▶ **Input records**
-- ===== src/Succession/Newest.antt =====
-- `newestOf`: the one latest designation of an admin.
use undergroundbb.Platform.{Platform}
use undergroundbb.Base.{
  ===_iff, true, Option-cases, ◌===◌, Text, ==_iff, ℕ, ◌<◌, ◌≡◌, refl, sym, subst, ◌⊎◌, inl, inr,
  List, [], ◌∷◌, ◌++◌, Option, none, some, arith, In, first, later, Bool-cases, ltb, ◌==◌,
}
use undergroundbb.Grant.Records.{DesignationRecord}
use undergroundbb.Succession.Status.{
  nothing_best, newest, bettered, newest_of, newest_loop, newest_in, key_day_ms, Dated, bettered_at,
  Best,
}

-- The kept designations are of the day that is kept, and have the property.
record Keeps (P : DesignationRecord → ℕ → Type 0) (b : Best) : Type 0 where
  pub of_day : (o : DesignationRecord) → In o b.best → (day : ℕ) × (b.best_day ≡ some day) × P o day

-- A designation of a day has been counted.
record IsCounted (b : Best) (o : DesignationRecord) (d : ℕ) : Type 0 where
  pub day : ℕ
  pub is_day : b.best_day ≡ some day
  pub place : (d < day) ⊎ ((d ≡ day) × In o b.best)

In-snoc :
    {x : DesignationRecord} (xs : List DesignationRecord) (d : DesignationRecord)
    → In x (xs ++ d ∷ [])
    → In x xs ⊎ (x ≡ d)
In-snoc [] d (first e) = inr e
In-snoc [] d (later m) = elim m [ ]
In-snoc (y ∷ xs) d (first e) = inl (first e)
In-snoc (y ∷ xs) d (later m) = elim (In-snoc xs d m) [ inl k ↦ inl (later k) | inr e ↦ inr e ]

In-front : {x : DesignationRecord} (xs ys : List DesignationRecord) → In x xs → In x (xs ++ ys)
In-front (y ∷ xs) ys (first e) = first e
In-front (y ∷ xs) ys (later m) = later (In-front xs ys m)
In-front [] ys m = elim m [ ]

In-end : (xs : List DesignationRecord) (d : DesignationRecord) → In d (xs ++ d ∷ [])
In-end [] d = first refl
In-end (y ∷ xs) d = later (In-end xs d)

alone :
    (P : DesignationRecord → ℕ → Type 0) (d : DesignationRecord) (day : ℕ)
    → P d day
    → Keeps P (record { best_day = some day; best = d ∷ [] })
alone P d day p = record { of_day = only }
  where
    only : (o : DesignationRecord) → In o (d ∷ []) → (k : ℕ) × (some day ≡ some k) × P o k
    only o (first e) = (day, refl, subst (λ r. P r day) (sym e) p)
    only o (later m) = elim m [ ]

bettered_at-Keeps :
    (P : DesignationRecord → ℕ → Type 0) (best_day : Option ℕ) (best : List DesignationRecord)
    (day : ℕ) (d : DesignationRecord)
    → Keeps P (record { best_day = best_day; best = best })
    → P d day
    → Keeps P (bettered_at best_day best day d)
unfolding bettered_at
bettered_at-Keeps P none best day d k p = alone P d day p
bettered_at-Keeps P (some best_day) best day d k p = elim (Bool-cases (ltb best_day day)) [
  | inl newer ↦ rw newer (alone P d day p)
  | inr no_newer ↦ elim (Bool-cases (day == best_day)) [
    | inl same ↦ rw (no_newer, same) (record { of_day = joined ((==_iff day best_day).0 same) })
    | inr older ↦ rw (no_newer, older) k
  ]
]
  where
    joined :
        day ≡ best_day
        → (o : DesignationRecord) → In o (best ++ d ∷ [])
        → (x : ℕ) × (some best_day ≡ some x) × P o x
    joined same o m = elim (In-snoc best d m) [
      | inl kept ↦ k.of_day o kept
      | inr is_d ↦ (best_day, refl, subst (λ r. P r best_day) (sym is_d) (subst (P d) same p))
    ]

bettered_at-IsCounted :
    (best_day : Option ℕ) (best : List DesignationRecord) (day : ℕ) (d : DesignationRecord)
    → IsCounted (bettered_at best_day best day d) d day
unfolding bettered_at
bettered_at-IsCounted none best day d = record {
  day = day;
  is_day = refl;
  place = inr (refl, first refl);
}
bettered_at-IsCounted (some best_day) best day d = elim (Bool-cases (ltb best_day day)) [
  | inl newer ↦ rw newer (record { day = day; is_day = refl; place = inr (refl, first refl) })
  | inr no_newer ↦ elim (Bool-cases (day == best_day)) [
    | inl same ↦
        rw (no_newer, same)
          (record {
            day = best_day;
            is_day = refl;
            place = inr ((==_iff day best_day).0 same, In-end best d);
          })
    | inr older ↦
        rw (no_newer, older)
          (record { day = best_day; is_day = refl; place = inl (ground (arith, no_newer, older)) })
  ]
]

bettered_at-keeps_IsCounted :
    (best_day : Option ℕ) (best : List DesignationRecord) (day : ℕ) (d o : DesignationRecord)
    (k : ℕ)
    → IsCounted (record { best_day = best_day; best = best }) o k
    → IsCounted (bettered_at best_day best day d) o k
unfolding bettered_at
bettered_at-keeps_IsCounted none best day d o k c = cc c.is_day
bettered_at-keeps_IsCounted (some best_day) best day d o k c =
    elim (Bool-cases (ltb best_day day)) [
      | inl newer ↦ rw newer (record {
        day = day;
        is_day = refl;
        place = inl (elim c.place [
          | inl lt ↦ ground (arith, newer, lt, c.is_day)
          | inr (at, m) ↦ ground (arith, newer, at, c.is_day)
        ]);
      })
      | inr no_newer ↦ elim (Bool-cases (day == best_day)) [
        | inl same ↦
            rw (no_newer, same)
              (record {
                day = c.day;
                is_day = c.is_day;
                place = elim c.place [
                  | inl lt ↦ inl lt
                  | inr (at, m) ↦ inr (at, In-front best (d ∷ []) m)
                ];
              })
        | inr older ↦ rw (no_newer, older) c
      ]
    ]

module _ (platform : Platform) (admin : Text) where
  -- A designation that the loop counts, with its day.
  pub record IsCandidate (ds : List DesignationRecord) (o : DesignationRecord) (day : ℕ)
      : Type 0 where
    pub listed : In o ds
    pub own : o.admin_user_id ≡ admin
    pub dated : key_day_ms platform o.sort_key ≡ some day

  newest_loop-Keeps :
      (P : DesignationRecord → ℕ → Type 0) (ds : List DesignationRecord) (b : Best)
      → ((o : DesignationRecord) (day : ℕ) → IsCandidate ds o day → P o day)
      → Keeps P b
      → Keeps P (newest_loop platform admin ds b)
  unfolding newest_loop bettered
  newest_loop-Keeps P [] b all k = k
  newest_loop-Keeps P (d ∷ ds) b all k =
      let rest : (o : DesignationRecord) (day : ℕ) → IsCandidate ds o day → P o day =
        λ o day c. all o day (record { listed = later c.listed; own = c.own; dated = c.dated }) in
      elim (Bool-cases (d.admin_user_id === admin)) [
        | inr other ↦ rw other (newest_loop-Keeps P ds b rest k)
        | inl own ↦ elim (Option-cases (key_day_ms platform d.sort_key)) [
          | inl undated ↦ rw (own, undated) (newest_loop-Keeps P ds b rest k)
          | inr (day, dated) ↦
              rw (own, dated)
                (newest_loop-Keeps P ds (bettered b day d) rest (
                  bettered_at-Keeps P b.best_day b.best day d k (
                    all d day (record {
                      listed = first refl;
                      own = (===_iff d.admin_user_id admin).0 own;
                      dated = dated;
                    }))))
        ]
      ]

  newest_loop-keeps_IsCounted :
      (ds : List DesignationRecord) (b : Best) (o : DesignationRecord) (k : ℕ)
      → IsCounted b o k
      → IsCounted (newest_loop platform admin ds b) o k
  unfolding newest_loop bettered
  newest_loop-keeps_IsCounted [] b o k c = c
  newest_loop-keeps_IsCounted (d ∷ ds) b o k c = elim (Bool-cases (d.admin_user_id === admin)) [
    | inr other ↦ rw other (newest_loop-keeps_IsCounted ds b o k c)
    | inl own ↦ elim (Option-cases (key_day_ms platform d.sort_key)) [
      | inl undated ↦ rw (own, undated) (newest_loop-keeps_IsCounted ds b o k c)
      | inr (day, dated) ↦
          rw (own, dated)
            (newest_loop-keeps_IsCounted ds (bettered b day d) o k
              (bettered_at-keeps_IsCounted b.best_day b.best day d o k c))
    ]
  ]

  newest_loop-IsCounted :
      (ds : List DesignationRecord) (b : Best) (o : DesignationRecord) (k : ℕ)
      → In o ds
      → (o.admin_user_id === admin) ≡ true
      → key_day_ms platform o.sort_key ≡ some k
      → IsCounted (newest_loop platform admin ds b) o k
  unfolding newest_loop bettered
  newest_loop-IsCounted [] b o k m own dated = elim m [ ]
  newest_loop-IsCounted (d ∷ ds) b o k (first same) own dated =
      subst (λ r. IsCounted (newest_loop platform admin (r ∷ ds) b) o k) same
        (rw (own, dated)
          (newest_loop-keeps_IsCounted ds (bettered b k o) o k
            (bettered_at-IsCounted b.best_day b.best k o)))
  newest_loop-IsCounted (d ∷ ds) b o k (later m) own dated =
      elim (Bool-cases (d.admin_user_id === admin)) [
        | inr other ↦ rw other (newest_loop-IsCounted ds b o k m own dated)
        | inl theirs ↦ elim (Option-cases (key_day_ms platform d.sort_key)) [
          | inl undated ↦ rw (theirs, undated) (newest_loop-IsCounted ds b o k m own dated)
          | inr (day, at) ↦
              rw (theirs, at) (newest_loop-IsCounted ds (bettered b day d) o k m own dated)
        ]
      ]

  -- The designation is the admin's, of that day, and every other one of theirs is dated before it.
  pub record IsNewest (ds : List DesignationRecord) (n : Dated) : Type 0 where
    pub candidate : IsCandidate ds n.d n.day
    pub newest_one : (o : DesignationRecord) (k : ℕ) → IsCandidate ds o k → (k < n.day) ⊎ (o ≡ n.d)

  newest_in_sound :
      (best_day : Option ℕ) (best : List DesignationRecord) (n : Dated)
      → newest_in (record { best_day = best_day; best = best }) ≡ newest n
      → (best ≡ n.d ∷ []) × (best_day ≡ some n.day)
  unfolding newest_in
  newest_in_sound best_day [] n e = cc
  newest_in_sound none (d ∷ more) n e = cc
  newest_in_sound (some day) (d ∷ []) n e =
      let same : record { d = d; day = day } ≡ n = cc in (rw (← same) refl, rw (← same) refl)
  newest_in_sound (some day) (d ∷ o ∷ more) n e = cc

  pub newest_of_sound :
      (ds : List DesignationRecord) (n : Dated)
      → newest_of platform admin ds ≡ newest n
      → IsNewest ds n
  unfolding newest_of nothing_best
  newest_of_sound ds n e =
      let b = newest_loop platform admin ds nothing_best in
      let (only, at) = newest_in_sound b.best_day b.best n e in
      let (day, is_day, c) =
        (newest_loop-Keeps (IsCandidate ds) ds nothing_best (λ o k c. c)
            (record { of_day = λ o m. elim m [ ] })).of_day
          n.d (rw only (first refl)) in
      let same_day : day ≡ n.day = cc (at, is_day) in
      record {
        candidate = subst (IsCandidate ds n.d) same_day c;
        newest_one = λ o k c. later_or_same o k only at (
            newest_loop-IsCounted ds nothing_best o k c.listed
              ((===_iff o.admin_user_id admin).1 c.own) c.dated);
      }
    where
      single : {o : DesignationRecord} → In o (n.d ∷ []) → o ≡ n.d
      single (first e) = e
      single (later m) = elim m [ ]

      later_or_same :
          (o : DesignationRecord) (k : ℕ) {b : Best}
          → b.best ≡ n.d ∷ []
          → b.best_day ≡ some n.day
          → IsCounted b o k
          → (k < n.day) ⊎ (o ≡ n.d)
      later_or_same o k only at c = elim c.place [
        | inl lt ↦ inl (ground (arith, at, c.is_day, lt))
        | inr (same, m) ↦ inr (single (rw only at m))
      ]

▶ **Task prompt**
Report each line of the data that includes the string "place".

▶ **Result of the task**
  pub place : (d < day) ⊎ ((d ≡ day) × In o b.best)
  place = inr (refl, first refl);
  | inl newer ↦ rw newer (record { day = day; is_day = refl; place = inr (refl, first refl) })
            place = inr ((==_iff day best_day).0 same, In-end best d);
          (record { day = best_day; is_day = refl; place = inl (ground (arith, no_newer, older)) })
        place = inl (elim c.place [
                place = elim c.place [
      later_or_same o k only at c = elim c.place [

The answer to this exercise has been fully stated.